(Records drawn from a dataset)
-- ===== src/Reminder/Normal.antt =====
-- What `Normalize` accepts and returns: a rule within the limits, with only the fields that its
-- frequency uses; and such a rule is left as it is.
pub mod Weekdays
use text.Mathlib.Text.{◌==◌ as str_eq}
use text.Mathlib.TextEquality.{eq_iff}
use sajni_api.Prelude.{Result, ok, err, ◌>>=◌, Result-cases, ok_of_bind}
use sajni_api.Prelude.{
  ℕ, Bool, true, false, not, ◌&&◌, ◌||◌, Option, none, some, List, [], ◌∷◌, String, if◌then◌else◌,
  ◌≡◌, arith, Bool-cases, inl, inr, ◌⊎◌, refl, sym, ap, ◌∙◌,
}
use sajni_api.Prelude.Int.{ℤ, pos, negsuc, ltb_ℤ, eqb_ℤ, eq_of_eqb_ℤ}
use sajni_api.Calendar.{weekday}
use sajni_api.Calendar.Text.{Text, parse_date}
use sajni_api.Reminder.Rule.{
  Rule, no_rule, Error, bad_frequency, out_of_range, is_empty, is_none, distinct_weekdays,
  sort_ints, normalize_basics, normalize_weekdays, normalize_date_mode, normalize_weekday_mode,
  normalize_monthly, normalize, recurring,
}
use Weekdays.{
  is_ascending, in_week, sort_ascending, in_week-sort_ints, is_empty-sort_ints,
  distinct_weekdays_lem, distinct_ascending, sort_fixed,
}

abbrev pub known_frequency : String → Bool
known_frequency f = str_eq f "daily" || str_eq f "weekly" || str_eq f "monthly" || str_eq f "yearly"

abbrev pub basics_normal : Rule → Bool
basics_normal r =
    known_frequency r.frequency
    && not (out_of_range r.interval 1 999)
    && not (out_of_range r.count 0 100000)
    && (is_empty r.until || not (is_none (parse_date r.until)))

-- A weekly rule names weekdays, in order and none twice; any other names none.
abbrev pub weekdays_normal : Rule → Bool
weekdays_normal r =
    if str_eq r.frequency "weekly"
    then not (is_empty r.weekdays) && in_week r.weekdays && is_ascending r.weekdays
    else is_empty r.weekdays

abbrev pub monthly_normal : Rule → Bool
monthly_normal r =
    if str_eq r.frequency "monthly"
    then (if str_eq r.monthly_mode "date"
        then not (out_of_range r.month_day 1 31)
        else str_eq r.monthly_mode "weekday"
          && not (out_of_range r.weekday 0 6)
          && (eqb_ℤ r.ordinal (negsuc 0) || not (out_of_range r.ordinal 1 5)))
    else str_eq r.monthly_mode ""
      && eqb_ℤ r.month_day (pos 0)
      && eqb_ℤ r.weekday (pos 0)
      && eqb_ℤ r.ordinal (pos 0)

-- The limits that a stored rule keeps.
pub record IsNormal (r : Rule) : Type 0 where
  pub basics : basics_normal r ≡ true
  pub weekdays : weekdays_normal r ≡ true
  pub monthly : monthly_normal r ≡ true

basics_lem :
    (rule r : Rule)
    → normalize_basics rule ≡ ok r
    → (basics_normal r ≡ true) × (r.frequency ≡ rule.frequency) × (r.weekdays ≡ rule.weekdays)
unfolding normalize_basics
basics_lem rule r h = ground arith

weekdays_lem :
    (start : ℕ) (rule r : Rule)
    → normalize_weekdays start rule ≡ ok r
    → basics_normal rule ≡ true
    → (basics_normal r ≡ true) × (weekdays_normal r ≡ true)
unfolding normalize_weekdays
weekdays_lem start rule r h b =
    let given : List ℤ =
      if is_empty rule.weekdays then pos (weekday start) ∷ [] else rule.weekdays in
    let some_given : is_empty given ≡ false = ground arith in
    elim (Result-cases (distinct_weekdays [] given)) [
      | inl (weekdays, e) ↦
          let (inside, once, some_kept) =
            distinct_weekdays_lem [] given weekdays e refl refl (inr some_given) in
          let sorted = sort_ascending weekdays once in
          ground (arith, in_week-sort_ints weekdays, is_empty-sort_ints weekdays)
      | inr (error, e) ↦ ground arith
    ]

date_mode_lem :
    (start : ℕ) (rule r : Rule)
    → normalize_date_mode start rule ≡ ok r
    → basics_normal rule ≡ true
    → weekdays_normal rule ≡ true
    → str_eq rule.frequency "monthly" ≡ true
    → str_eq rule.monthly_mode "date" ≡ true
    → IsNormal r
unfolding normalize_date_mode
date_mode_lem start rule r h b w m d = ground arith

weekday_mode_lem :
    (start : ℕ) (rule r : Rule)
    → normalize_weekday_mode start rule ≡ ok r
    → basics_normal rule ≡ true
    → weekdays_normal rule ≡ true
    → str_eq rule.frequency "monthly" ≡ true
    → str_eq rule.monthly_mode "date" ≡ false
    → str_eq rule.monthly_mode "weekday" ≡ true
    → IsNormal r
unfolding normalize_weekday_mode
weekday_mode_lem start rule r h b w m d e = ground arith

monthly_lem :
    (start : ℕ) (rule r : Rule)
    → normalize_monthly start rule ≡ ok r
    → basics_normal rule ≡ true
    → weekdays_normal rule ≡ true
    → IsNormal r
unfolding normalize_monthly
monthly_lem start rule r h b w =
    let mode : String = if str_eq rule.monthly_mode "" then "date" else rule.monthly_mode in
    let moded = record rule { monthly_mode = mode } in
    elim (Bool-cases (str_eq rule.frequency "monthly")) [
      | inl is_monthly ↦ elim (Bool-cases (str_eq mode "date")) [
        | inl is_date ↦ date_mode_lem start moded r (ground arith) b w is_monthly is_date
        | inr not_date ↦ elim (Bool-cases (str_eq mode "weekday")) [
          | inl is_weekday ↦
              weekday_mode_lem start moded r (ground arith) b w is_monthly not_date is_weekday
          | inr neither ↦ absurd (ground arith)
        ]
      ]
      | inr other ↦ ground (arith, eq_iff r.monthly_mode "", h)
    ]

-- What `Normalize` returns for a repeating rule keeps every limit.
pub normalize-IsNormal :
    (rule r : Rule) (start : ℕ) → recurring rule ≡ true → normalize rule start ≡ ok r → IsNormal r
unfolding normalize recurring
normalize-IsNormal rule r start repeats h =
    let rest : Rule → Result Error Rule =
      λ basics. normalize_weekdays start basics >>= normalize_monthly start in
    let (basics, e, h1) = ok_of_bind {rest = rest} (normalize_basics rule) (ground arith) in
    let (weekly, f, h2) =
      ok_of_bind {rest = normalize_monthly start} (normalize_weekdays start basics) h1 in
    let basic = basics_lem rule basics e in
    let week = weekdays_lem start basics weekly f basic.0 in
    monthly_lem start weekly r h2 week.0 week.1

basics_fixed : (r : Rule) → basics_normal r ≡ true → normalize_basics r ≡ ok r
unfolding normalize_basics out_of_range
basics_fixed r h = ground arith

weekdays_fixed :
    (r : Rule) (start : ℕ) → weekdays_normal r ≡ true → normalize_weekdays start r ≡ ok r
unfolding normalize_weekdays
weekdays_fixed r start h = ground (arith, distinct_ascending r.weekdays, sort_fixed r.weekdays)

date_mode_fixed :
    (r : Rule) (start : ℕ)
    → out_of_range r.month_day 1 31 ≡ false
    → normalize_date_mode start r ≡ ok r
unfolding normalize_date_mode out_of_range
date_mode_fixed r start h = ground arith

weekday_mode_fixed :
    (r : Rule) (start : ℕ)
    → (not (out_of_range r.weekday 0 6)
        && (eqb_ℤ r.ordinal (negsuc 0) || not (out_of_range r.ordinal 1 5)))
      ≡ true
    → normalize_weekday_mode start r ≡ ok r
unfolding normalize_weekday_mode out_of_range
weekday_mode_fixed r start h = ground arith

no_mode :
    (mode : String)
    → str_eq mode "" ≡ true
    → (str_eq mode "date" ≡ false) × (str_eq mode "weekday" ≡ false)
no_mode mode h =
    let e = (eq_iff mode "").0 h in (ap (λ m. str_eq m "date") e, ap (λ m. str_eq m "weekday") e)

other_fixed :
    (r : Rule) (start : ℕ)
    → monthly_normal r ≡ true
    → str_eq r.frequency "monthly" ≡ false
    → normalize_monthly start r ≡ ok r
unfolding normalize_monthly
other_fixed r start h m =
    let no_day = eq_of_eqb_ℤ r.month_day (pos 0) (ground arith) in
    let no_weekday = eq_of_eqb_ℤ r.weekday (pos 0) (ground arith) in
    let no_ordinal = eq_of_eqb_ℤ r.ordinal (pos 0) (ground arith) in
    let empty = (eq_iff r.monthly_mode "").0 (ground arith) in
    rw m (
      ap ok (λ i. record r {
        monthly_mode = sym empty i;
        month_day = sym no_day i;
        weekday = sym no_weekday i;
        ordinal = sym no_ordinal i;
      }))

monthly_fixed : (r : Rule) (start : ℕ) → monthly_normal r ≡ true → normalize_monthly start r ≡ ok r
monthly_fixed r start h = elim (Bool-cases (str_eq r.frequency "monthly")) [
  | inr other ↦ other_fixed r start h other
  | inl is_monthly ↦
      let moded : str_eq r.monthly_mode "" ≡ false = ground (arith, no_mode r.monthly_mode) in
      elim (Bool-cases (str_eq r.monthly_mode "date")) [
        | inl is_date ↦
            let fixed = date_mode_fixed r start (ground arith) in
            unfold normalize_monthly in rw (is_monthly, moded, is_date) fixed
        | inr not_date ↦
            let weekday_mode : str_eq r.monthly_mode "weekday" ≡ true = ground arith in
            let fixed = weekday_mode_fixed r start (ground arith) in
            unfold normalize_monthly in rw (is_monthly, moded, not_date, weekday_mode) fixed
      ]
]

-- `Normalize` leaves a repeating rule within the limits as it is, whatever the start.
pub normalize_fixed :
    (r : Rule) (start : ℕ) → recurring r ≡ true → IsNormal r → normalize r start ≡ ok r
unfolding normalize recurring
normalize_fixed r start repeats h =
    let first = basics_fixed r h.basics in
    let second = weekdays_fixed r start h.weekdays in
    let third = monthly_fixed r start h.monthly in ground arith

---

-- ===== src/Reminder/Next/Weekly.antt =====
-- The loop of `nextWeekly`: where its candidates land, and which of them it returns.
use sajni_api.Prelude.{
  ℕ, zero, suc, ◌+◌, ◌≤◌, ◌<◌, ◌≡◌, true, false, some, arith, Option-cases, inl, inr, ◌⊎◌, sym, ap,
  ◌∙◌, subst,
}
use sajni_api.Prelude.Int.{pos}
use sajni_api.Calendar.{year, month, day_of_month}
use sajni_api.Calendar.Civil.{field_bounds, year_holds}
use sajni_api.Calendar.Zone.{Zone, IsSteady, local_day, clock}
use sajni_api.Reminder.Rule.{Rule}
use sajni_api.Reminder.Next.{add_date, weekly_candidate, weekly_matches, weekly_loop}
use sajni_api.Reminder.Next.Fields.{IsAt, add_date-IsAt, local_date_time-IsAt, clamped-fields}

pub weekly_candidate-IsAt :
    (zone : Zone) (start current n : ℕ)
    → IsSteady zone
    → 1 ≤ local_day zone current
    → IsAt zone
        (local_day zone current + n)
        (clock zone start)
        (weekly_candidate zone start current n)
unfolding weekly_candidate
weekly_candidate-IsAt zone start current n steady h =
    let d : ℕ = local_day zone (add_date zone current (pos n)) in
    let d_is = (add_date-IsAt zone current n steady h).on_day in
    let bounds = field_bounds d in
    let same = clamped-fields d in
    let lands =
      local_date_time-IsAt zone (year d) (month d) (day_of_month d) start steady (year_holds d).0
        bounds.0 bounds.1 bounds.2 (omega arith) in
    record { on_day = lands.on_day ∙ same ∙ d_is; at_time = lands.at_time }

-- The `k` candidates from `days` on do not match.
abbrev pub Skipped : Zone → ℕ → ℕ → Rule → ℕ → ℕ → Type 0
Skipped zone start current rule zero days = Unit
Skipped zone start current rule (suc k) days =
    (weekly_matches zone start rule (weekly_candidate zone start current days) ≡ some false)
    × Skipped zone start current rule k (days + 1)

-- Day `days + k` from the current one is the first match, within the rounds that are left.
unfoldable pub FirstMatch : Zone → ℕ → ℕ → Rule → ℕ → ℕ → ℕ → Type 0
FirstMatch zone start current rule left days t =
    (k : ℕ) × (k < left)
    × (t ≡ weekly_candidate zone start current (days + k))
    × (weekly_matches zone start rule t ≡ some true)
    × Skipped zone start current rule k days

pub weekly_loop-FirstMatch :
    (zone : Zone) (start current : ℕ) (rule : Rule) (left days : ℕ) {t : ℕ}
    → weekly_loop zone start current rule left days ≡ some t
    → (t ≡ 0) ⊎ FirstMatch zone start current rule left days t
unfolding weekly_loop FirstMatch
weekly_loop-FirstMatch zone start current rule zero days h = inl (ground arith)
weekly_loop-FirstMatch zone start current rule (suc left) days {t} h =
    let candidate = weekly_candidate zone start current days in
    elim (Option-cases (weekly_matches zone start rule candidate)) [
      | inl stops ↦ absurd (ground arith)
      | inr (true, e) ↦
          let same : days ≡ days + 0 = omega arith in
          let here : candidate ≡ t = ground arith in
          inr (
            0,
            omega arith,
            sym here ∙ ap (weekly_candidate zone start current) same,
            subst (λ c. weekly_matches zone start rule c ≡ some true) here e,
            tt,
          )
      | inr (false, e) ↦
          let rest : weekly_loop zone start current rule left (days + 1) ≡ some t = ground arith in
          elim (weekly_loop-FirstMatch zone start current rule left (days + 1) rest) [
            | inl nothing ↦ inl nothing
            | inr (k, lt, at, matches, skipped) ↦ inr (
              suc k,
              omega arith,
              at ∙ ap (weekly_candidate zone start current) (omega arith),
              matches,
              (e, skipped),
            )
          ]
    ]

■ **INSTRUCTIONS FOR THE TASK**
Among the preceding records, how many lines include the word "clock"? Reply with the number only.

■ **ANSWER SECTION**
2